For BW13-P310, the value of \(\max _i \{ \lfloor \log _2a_i\rfloor \}\) is 287 and 8 of the 12 \(a_i\)’s are negative. Only 191 different combinations of Frobenius powers are used and it costs \(341\mathbf {m}_{13}\) to compute them. Also, there are 5 positions (in the binary expansion) where all the \(a_i\)’s have their bit set to 0, resulting in no multiplication at those positions for the multi-exponentiation, that thus requires \(282\mathbf {m}_{13} + 287\mathbf {s}_{13}\).
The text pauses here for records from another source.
-- ===== src/Txn/VersionStore/Removal.antt =====
-- What `abort_versions` and `prune` of crates/txn/src/version_store.rs leave of what readers see.
use simple_rdbms.Common.{ℕ, ◌≤◌, ◌≡◌, ◌≢◌, refl, sym, ap, subst, ◌∙◌, true, false}
use simple_rdbms.Common.{Option, none, some, List, [], ◌∷◌, arith}
use simple_rdbms.Common.{◌==◌, ==_iff, inl, inr, ◌⊎◌, Bool-cases, Option-cases}
use simple_rdbms.Common.Map.{Map, nat_eq, get, insert, contains, get-insert, get-remove}
use simple_rdbms.Ids.{TxnId, Rid, rid_eq, rid_beq, rid_beq_sound}
use simple_rdbms.Txn.LockState.{or_empty}
use simple_rdbms.Txn.VersionChain.{VersionChain}
use simple_rdbms.Txn.VersionChain.{visible_version_for, remove_creator, is_empty}
use simple_rdbms.Txn.VersionChain.{is_prunable}
use simple_rdbms.Txn.VersionStore.{StoreState}
use simple_rdbms.Txn.VersionStore.{
  abort_each, abort_versions, prune_rows, prune_at, due, prune_each, prune,
}
use simple_rdbms.Txn.VersionStore.{is_visible_to}
use simple_rdbms.Txn.VersionStore.Visibility.{
  sees, is_pending, sees_row, is_visible_to_lem, on_chain,
}

remove_creator_idem :
    (t : TxnId) (chain : VersionChain)
    → remove_creator (remove_creator chain t) t ≡ remove_creator chain t
unfolding remove_creator
remove_creator_idem t [] = refl
remove_creator_idem t (e ∷ es) = ground (arith, remove_creator_idem t es)

sees-remove_creator :
    (t reader : TxnId) (ts : ℕ) (chain : VersionChain)
    → (t == reader) ≡ false
    → is_pending t chain ≡ true
    → sees reader ts (remove_creator chain t) ≡ sees reader ts chain
unfolding remove_creator visible_version_for
sees-remove_creator t reader ts [] n p = refl
sees-remove_creator t reader ts (e ∷ es) n p =
    ground (arith, n, p, ==_iff e.creator_txn_id t, sees-remove_creator t reader ts es n)

pub get-abort_each :
    (t : TxnId) (rids : List Rid) (q : Rid) (m : Map Rid VersionChain)
    → get q (abort_each t rids m).0 ≡ on_chain (contains q rids) (λ c. remove_creator c t) (get q m)
unfolding abort_each
get-abort_each t [] q m = elim (Option-cases (get q m)) [
  | inl n ↦ ground (arith, n)
  | inr (c, g) ↦ ground (arith, g)
]
get-abort_each t (r ∷ rids) q m = elim (Option-cases (get r m)) [
  | inl n ↦ elim (Bool-cases (rid_beq r q)) [
    | inl e ↦ ground (arith, n, e, rid_beq_sound r q e, get-abort_each t rids q m)
    | inr e ↦ ground (arith, n, e, get-abort_each t rids q m)
  ]
  | inr (c, g) ↦
      let m' = insert r (remove_creator c t) m in
      let found = get-insert r q (remove_creator c t) m in
      elim (Bool-cases (rid_beq r q)) [
        | inl e ↦ ground (
          arith,
          g,
          e,
          rid_beq_sound r q e,
          found,
          remove_creator_idem t c,
          get-abort_each t rids q m',
        )
        | inr e ↦ ground (arith, g, e, found, get-abort_each t rids q m')
      ]
]

-- Where no version of the transaction has begun, its abort changes nothing that another reader
-- sees.
pub is_visible_to-abort_versions :
    (s : StoreState) (t reader : TxnId) (next_ts ts : ℕ) (q : Rid)
    → t ≢ reader
    → is_pending t (or_empty (get q s.chains)) ≡ true
    → is_visible_to (abort_versions s t next_ts) q reader ts ≡ is_visible_to s q reader ts
unfolding abort_versions
is_visible_to-abort_versions s t reader next_ts ts q n p =
    elim (Option-cases (get t s.write_sets)) [
      | inl a ↦ ground (arith, a)
      | inr (rids, w) ↦
          let seen = is_visible_to_lem (abort_versions s t next_ts) q reader ts in
          elim (Option-cases (get q s.chains)) [
            | inl a ↦ ground (
              arith,
              a,
              w,
              seen,
              is_visible_to_lem s q reader ts,
              get-abort_each t rids q s.chains,
            )
            | inr (c, g) ↦ ground (
              arith,
              g,
              w,
              seen,
              p,
              is_visible_to_lem s q reader ts,
              get-abort_each t rids q s.chains,
              sees-remove_creator t reader ts c (ground (arith, n, ==_iff t reader)),
            )
          ]
    ]

-- A chain stays as it is, or it is one that may go and goes.
abbrev pub IsPruned : ℕ → Option VersionChain → Option VersionChain → Type 0
IsPruned watermark old new =
    (new ≡ old)
    ⊎ ((new ≡ none) × (c : VersionChain) × (old ≡ some c) × (is_prunable c watermark ≡ true))

IsPruned-trans :
    (w : ℕ) (a b c : Option VersionChain) → IsPruned w a b → IsPruned w b c → IsPruned w a c
IsPruned-trans w a b c (inl p) (inl q) = inl (q ∙ p)
IsPruned-trans w a b c (inl p) (inr (q, d, r, k)) = inr (q, d, sym p ∙ r, k)
IsPruned-trans w a b c (inr (p, d, r, k)) (inl q) = inr (q ∙ p, d, r, k)
IsPruned-trans w a b c (inr (p, d, r, k)) (inr (q, e, t, l)) = inr (q, d, r, k)

prune_row-IsPruned :
    (w : ℕ) (r q : Rid) (m : Map Rid VersionChain)
    → IsPruned w (get q m) (get q (prune_rows w (r ∷ []) m))
unfolding prune_rows
prune_row-IsPruned w r q m = elim (Option-cases (get r m)) [
  | inl n ↦ inl (ground (arith, n))
  | inr (c, g) ↦ elim (Bool-cases (is_prunable c w)) [
    | inl k ↦ elim (Bool-cases (rid_beq r q)) [
      | inl e ↦
          inr (
            ground (arith, g, k, e, get-remove r q m),
            c,
            ground (arith, g, rid_beq_sound r q e),
            k,
          )
      | inr e ↦ inl (ground (arith, g, k, e, get-remove r q m))
    ]
    | inr k ↦ inl (ground (arith, g, k))
  ]
]

prune_rows-IsPruned :
    (w : ℕ) (rids : List Rid) (q : Rid) (m : Map Rid VersionChain)
    → IsPruned w (get q m) (get q (prune_rows w rids m))
unfolding prune_rows
prune_rows-IsPruned w [] q m = inl refl
prune_rows-IsPruned w (r ∷ rids) q m =
    let m' = prune_rows w (r ∷ []) m in
    IsPruned-trans w (get q m) (get q m') (get q (prune_rows w rids m'))
      (prune_row-IsPruned w r q m) (prune_rows-IsPruned w rids q m')

prune_at-IsPruned :
    (w ts : ℕ) (q : Rid) (s : StoreState)
    → IsPruned w (get q s.chains) (get q (prune_at w ts s).chains)
unfolding prune_at
prune_at-IsPruned w ts q s = elim (Option-cases (get ts s.prune_candidates)) [
  | inl n ↦ inl (ground (arith, n))
  | inr (rids, g) ↦
      subst (IsPruned w (get q s.chains)) (ground (arith, g))
        (prune_rows-IsPruned w rids q s.chains)
]

pub prune_each-IsPruned :
    (w : ℕ) (tss : List ℕ) (q : Rid) (s : StoreState)
    → IsPruned w (get q s.chains) (get q (prune_each w tss s).chains)
unfolding prune_each
prune_each-IsPruned w [] q s = inl refl
prune_each-IsPruned w (ts ∷ tss) q s =
    let s' = prune_at w ts s in
    IsPruned-trans w (get q s.chains) (get q s'.chains) (get q (prune_each w tss s').chains)
      (prune_at-IsPruned w ts q s) (prune_each-IsPruned w tss q s')

sees-prunable :
    (reader : TxnId) (w ts : ℕ) (chain : VersionChain)
    → is_prunable chain w ≡ true
    → is_empty chain ≡ false
    → w ≤ ts
    → sees reader ts chain ≡ true
unfolding is_prunable visible_version_for
sees-prunable reader w ts [] k n h = cc
sees-prunable reader w ts (e ∷ es) k n h = sees_settled e.begin_ts e.end_ts refl refl
  where
    sees_settled : (b f : Option ℕ) → e.begin_ts ≡ b → e.end_ts ≡ f → sees reader ts (e ∷ es) ≡ true
    sees_settled (some b) none p q = ground (arith, p, q, k, h)
    sees_settled b f p q = ground (arith, p, q, k, h)

-- `prune` changes nothing that a reader of a snapshot at or after the watermark sees of a row,
-- except that a row whose last version was taken back by an abort, so that its chain is empty,
-- may lose the chain and is then as a row that was never written.
pub is_visible_to-prune :
    (s : StoreState) (w : ℕ) (q : Rid) (reader : TxnId) (ts : ℕ)
    → w ≤ ts
    → get q s.chains ≢ some []
    → is_visible_to (prune s w) q reader ts ≡ is_visible_to s q reader ts
unfolding prune
is_visible_to-prune s w q reader ts h n =
    elim (prune_each-IsPruned w (due w s.prune_candidates) q s) [
      | inl p ↦
          is_visible_to_lem (prune s w) q reader ts
          ∙ ap (sees_row reader ts) p
          ∙ sym (is_visible_to_lem s q reader ts)
      | inr (p, [], g, k) ↦ absurd (n g)
      | inr (p, c ∷ cs, g, k) ↦
          is_visible_to_lem (prune s w) q reader ts
          ∙ ap (sees_row reader ts) p
          ∙ sym (sees-prunable reader w ts (c ∷ cs) k refl h)
          ∙ sym (is_visible_to_lem s q reader ts ∙ ap (sees_row reader ts) g)
    ]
Combining everything yields an final exponentiation cost of \(12\mathbf {f}_{13} + 623\mathbf {m}_{13} + 287\mathbf {s}_{13} + 9\mathbf {i}_{13}\), i.e. \(53\ 834 \mathbf {m} + 9\mathbf {i}_{13}\).

For BW19-P286, the value of \(\max _i \{ \lfloor \log _2a_i\rfloor \}\) is 271 and 12 of the 18 \(a_i\)’s are negative. Only 222 different combinations of Frobenius powers are used and it costs \(1028\mathbf {m}_{19}\) to compute them. The multi-exponentiation requires \(271(\mathbf {m}_{19} + \mathbf {s}_{19})\). Combining everything yields an final exponentiation cost of \(18\mathbf {f}_{19} + 1299\mathbf {m}_{19} + 271\mathbf {s}_{19} + 13\mathbf {i}_{19}\), i.e. \(160\ 824 \mathbf {m} + 13\mathbf {i}_{19}\).

Table 6. Operation count for Miller loop (M.), final exponentiation (E.) and total pairing (T.). Inversions over odd-degree extension field are displayed as they are more costly than over an even-degree one (those usually cost one conjugaison over a quadratic subfield).

From Table 6, the cost of the pairing for BW19-P286 is roughly 12 times higher than the one for B12-P446. However, doing the benchmark on both finite field gives a multiplication twice faster on the 286-bit finite field (90 ns) than the 446-bit one (190 ns). Hence, we estimate that the pairing over BW19-P286 is 6 times slower than the pairing over B12-P446.

7 Conclusion

In this paper, we have given an incentive to change the way pairing-friendly elliptic curve are constructed by shifting the optimization away from the balance between all operations (group exponentiation and pairing) towards only some operations (that might be used by constrained entities involved in cryptographic protocols).

Thus, we focused on elliptic curves with a fast exponentiation in the first pairing group upon noticing that the instantiation of some cryptographic protocols, e.g. Group Signature-like schemes, would benefit from such curves.

Along the way, we have described a new curve that is particularly relevant for cryptographic protocols extensively using exponentiation in the first pairing group. That curve is twice faster in that group and its pairing computation is reasonably six times slower compared to a BLS curve over a 446-bit field.

We leave to future work to investigate other protocol-curve dependencies.